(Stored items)
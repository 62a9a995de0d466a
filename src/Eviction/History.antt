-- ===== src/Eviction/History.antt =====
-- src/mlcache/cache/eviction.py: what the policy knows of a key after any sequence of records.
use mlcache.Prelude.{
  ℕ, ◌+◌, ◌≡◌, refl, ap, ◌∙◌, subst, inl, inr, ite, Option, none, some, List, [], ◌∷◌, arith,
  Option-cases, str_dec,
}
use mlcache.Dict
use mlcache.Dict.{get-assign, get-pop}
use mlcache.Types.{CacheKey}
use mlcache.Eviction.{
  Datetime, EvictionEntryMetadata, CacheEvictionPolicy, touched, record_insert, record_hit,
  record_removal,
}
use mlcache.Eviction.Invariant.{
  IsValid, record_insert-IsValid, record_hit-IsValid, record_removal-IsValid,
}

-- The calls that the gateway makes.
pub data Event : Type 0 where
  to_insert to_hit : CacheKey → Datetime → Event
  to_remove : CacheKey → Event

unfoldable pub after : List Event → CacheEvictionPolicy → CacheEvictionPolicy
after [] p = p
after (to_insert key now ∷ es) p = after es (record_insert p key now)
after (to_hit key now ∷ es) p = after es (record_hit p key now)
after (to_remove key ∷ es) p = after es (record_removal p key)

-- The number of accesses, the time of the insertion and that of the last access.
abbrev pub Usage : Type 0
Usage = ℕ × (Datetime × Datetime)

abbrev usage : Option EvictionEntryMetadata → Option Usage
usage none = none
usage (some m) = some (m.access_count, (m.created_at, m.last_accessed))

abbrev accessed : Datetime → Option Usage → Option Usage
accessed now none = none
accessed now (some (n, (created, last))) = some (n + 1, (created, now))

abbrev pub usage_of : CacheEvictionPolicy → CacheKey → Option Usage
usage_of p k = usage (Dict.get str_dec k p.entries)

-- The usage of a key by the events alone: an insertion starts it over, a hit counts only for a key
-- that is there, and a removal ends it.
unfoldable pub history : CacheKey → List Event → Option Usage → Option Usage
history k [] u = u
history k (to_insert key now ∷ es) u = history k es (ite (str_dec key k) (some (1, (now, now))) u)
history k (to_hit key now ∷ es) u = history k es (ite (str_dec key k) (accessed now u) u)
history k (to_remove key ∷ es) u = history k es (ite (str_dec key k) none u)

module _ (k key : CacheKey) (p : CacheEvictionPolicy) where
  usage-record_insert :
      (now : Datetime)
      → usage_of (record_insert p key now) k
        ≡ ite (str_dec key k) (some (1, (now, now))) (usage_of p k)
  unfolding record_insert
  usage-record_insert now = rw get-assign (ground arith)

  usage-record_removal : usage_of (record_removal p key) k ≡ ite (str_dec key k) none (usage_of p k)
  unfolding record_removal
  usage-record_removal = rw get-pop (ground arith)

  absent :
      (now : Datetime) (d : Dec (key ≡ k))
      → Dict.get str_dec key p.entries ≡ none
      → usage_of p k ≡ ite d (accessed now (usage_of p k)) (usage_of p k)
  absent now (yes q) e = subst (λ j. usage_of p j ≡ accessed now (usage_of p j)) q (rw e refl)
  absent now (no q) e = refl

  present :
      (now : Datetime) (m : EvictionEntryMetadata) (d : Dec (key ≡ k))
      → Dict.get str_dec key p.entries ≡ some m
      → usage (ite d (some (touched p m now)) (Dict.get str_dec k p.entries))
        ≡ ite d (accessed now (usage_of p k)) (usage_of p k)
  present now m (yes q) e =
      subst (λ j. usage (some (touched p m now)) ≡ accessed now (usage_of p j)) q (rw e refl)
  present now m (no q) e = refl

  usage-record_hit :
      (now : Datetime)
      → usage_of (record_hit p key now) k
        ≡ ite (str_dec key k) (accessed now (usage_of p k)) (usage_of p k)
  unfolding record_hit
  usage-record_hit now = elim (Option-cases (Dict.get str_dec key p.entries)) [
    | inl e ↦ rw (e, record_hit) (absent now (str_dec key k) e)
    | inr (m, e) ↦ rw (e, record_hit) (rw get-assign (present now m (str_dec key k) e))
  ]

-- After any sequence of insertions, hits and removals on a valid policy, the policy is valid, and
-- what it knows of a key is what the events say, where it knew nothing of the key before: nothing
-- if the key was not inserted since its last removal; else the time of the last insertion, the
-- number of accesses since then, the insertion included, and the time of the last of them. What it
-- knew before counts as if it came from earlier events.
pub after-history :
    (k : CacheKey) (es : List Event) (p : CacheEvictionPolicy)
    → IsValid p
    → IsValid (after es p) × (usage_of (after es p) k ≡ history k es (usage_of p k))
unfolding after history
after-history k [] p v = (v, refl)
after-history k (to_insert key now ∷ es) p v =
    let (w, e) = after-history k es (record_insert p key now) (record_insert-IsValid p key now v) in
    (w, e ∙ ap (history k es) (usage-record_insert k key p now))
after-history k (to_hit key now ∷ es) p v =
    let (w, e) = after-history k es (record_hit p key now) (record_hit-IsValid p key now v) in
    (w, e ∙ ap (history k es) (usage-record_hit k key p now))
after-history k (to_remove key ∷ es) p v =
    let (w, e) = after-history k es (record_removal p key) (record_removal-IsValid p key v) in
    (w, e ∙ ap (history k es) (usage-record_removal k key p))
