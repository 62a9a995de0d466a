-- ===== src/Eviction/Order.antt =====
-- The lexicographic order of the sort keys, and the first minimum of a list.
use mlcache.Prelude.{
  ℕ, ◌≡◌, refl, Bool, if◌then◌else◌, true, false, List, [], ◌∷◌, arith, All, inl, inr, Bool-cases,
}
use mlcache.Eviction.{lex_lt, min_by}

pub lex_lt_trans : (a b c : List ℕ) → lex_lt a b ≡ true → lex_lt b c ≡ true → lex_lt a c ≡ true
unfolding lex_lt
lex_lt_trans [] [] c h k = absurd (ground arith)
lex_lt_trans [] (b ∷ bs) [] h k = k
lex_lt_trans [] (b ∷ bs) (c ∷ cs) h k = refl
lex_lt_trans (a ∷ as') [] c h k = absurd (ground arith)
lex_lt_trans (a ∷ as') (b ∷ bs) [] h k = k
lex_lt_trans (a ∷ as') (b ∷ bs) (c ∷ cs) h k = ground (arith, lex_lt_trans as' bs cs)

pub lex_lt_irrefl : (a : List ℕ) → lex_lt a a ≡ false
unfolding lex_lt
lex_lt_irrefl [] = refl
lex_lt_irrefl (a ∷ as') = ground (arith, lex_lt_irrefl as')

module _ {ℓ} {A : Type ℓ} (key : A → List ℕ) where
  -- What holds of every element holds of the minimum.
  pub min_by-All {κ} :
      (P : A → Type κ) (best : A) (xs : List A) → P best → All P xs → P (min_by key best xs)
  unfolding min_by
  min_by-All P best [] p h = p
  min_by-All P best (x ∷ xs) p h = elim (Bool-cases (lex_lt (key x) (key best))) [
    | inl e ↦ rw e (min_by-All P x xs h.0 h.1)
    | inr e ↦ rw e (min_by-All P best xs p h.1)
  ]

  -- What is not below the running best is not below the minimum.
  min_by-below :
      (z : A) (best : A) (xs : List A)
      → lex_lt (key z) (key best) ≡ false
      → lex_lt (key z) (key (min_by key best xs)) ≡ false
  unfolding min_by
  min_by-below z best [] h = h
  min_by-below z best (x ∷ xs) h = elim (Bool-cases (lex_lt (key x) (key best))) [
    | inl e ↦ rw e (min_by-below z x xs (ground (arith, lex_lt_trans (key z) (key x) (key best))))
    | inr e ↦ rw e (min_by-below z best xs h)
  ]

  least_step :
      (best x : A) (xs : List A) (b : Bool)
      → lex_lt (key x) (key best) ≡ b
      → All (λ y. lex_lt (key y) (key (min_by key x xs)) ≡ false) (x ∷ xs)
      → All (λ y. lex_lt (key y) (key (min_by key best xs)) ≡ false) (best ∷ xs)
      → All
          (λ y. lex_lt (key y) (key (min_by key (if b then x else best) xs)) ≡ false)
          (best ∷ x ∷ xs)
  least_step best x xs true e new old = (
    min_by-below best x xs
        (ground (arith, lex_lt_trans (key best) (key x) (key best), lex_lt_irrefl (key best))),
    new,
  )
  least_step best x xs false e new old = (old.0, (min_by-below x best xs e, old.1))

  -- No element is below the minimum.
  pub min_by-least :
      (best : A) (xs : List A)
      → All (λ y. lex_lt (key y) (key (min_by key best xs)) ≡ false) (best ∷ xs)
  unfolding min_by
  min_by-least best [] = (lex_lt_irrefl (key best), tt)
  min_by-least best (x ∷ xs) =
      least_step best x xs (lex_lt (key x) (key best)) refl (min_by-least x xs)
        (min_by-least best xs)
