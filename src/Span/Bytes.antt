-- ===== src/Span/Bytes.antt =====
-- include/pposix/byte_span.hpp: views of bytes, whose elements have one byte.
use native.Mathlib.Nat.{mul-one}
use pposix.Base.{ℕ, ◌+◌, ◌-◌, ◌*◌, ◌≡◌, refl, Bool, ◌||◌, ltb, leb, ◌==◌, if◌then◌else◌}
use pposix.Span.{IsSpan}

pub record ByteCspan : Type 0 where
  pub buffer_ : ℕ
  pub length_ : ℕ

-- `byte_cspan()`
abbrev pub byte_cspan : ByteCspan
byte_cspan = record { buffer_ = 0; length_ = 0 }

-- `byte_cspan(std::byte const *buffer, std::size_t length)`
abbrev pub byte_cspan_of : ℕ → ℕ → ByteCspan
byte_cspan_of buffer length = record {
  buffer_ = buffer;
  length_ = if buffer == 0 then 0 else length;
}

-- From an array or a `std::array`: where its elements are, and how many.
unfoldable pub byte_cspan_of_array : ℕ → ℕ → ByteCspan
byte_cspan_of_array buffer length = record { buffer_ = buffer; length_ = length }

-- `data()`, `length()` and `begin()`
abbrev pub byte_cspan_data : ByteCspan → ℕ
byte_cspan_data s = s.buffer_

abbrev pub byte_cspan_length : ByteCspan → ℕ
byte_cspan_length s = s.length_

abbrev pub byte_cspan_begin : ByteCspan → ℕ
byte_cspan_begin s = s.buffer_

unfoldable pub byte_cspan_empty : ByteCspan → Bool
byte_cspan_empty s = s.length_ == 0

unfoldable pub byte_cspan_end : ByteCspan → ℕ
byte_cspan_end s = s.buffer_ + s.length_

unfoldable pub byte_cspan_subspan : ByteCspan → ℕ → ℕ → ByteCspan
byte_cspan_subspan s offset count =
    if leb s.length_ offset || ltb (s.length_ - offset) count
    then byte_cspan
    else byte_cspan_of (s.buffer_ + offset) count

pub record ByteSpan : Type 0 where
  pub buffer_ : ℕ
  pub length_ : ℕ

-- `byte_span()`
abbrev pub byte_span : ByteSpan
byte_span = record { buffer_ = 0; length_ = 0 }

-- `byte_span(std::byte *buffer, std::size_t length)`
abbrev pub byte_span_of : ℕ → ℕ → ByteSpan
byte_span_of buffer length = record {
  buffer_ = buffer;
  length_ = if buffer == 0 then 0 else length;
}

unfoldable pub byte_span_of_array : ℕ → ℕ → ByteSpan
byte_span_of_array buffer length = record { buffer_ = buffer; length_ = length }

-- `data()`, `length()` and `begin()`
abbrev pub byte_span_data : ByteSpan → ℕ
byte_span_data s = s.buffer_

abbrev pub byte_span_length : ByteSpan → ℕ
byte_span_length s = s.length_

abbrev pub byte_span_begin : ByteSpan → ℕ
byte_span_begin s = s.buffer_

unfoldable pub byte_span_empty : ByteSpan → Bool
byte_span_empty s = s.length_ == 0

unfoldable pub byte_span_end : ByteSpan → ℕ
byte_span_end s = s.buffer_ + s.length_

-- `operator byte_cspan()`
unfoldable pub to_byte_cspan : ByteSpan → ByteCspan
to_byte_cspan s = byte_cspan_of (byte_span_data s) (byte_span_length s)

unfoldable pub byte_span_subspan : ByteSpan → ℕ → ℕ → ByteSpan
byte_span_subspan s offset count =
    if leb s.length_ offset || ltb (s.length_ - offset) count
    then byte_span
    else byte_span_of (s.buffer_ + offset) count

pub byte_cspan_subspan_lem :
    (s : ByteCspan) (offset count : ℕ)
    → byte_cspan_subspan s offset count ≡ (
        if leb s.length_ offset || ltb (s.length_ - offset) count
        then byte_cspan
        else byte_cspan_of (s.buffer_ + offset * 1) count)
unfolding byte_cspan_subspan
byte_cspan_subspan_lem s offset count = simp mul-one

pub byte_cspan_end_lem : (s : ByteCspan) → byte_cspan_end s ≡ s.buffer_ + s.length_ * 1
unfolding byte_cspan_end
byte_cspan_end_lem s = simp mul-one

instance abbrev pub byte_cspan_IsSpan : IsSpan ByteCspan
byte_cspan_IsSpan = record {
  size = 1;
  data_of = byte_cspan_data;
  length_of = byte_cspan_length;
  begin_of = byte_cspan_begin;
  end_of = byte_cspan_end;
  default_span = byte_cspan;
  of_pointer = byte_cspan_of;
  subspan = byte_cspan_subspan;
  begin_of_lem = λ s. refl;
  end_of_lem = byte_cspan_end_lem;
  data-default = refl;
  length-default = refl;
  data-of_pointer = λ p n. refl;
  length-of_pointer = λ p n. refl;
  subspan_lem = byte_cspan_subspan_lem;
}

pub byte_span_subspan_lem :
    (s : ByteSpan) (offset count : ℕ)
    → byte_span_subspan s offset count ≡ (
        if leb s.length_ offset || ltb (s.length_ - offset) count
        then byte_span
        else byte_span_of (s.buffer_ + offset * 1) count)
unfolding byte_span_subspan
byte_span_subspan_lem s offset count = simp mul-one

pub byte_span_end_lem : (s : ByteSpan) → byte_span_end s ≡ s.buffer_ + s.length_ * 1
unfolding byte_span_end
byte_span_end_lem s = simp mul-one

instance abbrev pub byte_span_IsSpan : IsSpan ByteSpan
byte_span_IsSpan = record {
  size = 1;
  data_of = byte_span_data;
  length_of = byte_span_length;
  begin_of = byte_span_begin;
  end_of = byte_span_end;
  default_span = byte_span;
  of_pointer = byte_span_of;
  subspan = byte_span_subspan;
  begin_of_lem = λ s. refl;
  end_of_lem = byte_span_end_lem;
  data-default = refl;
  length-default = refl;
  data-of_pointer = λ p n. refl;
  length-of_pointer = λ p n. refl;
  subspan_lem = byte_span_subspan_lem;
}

What this task involves >> Wherever the string "false" appears in the entries above, return the line it appears on.

Exercise output >>
  ℕ, ◌≡◌, refl, Bool, if◌then◌else◌, true, false, List, [], ◌∷◌, arith, All, inl, inr, Bool-cases,
pub lex_lt_irrefl : (a : List ℕ) → lex_lt a a ≡ false
      → lex_lt (key z) (key best) ≡ false
      → lex_lt (key z) (key (min_by key best xs)) ≡ false
      → All (λ y. lex_lt (key y) (key (min_by key x xs)) ≡ false) (x ∷ xs)
      → All (λ y. lex_lt (key y) (key (min_by key best xs)) ≡ false) (best ∷ xs)
          (λ y. lex_lt (key y) (key (min_by key (if b then x else best) xs)) ≡ false)
  least_step best x xs false e new old = (old.0, (min_by-below x best xs e, old.1))
      → All (λ y. lex_lt (key y) (key (min_by key best xs)) ≡ false) (best ∷ xs)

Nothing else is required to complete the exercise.